EXTRACTED ENTRIES: Begin

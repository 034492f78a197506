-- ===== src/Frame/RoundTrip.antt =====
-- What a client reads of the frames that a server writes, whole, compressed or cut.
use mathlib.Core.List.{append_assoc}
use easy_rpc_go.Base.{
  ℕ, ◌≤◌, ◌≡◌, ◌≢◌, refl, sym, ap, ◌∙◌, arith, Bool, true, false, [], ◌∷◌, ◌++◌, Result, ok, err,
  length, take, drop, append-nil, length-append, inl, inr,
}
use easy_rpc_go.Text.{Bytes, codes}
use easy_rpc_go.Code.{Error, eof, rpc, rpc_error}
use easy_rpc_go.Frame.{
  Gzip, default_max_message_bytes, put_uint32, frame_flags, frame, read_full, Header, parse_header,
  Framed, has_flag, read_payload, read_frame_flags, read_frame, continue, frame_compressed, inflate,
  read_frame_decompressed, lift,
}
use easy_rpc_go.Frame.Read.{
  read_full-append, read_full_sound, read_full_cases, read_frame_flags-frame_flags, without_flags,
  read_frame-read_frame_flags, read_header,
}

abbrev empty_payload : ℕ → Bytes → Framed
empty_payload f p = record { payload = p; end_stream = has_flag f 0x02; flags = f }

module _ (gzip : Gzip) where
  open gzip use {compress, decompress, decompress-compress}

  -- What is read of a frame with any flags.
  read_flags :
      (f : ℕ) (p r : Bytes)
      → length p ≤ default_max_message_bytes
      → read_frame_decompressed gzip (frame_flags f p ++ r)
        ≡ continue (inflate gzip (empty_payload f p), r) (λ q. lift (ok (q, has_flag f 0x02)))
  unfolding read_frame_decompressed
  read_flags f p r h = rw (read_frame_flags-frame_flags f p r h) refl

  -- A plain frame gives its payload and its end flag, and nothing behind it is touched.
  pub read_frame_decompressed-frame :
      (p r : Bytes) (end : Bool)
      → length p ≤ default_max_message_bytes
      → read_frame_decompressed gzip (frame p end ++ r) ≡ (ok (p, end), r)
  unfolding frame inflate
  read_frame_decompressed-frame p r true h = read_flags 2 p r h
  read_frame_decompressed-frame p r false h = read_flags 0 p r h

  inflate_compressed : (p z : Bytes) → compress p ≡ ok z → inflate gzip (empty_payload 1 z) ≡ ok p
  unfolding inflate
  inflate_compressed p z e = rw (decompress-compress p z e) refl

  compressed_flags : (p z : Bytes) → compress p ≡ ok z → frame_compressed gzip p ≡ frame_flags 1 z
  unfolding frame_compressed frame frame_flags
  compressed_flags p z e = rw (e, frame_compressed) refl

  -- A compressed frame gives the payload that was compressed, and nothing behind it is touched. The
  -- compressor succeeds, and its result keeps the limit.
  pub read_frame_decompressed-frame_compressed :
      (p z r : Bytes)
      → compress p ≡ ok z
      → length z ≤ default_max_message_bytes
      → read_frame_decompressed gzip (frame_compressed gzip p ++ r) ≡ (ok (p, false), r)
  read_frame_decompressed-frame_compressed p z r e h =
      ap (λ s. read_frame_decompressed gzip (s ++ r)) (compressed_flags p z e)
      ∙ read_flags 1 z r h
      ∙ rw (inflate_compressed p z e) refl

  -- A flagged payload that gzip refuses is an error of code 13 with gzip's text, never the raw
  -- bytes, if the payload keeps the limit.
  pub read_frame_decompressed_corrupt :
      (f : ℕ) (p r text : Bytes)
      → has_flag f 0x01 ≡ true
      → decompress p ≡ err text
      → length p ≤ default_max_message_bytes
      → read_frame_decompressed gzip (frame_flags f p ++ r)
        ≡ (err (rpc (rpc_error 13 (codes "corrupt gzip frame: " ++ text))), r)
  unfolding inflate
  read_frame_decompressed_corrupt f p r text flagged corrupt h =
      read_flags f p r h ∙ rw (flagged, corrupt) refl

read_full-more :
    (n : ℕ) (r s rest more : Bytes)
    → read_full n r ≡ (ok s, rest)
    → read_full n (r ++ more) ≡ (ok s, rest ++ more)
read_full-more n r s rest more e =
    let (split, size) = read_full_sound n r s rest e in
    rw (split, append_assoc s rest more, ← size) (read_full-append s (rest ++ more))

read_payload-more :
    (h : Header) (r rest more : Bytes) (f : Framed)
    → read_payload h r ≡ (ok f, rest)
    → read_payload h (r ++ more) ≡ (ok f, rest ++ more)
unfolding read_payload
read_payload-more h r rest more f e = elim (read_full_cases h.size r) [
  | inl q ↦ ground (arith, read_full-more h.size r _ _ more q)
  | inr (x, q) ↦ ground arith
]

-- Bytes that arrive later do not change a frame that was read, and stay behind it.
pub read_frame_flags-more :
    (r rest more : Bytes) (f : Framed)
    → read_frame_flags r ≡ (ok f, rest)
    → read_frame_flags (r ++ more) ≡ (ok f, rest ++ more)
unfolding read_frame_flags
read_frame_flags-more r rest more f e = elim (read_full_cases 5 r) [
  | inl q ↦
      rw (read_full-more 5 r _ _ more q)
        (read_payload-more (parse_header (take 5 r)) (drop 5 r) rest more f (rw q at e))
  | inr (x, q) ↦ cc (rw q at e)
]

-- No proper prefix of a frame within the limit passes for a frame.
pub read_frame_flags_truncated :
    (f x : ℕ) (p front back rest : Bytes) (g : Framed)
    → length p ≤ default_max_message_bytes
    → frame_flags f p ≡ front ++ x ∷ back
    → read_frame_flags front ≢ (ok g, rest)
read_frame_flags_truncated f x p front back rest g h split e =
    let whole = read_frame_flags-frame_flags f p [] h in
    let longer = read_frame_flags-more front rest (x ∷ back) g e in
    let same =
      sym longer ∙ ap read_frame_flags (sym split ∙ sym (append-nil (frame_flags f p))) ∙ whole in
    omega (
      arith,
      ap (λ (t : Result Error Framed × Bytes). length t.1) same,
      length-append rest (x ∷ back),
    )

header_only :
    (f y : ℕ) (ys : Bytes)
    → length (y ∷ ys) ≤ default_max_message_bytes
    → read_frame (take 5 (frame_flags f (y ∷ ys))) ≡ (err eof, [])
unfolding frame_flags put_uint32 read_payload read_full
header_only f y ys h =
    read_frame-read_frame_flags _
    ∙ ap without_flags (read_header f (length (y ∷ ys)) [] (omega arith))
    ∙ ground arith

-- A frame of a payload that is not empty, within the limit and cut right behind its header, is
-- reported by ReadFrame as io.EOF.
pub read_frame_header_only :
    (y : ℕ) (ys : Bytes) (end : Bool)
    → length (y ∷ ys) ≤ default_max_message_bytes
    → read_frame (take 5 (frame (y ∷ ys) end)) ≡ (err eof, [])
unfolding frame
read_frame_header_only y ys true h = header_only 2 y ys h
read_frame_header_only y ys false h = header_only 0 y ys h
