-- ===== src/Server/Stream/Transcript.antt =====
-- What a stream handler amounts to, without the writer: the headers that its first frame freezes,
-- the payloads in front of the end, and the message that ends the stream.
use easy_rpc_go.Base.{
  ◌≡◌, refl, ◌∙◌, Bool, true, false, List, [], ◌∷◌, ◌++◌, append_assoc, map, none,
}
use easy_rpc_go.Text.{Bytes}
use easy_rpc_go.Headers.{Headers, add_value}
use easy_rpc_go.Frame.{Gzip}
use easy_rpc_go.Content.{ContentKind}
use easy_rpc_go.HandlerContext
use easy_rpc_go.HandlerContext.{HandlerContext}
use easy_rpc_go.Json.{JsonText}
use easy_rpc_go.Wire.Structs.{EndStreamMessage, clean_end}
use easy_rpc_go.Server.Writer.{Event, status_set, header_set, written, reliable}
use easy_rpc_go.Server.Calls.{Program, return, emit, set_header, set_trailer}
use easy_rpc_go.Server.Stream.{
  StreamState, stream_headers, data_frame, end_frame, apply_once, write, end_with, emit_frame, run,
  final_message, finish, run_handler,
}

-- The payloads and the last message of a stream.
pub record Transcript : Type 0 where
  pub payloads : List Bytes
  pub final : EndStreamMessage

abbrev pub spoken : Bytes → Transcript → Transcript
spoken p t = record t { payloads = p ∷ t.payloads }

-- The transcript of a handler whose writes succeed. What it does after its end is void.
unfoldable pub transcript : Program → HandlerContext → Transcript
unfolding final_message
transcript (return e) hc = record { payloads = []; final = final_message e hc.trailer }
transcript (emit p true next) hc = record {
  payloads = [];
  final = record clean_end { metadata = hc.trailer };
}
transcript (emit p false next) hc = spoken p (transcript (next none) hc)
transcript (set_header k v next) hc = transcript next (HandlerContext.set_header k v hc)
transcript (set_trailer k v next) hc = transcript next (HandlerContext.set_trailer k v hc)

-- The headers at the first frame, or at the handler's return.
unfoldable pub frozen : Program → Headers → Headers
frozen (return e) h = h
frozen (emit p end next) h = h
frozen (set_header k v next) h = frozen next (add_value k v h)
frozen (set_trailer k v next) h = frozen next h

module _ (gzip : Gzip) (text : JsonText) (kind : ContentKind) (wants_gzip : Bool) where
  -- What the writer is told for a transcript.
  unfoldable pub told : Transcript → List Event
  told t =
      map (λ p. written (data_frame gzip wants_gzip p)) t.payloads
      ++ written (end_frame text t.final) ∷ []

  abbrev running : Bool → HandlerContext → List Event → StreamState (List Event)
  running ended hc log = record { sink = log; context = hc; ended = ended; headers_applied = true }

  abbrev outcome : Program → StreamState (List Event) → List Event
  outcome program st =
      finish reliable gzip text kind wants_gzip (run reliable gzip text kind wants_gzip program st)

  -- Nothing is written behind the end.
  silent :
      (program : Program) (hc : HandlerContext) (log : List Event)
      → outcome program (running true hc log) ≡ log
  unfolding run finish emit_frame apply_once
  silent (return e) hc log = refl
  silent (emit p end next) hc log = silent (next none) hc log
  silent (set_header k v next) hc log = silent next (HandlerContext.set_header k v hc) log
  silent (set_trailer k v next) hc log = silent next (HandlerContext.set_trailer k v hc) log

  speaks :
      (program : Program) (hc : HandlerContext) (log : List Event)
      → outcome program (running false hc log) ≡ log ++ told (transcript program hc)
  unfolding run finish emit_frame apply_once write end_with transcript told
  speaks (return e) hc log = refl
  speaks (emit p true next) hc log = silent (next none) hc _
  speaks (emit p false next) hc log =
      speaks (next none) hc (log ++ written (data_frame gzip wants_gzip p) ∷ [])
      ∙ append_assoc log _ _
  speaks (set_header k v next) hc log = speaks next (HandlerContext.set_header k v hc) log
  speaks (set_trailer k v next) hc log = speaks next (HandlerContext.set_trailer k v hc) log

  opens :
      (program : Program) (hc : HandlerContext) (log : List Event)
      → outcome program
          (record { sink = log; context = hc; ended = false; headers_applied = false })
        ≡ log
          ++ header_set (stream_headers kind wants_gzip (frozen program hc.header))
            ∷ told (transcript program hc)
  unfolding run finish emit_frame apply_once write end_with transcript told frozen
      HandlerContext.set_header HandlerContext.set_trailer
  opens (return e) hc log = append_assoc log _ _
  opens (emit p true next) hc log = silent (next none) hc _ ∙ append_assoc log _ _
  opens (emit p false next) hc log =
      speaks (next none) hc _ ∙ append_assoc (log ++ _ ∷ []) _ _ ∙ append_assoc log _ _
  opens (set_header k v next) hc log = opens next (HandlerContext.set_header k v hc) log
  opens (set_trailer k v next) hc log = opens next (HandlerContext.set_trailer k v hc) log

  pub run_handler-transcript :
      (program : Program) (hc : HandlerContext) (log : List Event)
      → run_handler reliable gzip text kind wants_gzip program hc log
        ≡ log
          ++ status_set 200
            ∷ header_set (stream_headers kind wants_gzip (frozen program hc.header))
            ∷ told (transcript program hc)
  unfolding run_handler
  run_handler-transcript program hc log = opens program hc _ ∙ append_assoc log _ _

EXTRACTED ENTRIES: End

Reproduce exactly the entries above, limited to the lines from the one with "-- What the" through the one with "t.final) ∷ []", both included.

EXPECTED ANSWER:
  -- What the writer is told for a transcript.
  unfoldable pub told : Transcript → List Event
  told t =
      map (λ p. written (data_frame gzip wants_gzip p)) t.payloads
      ++ written (end_frame text t.final) ∷ []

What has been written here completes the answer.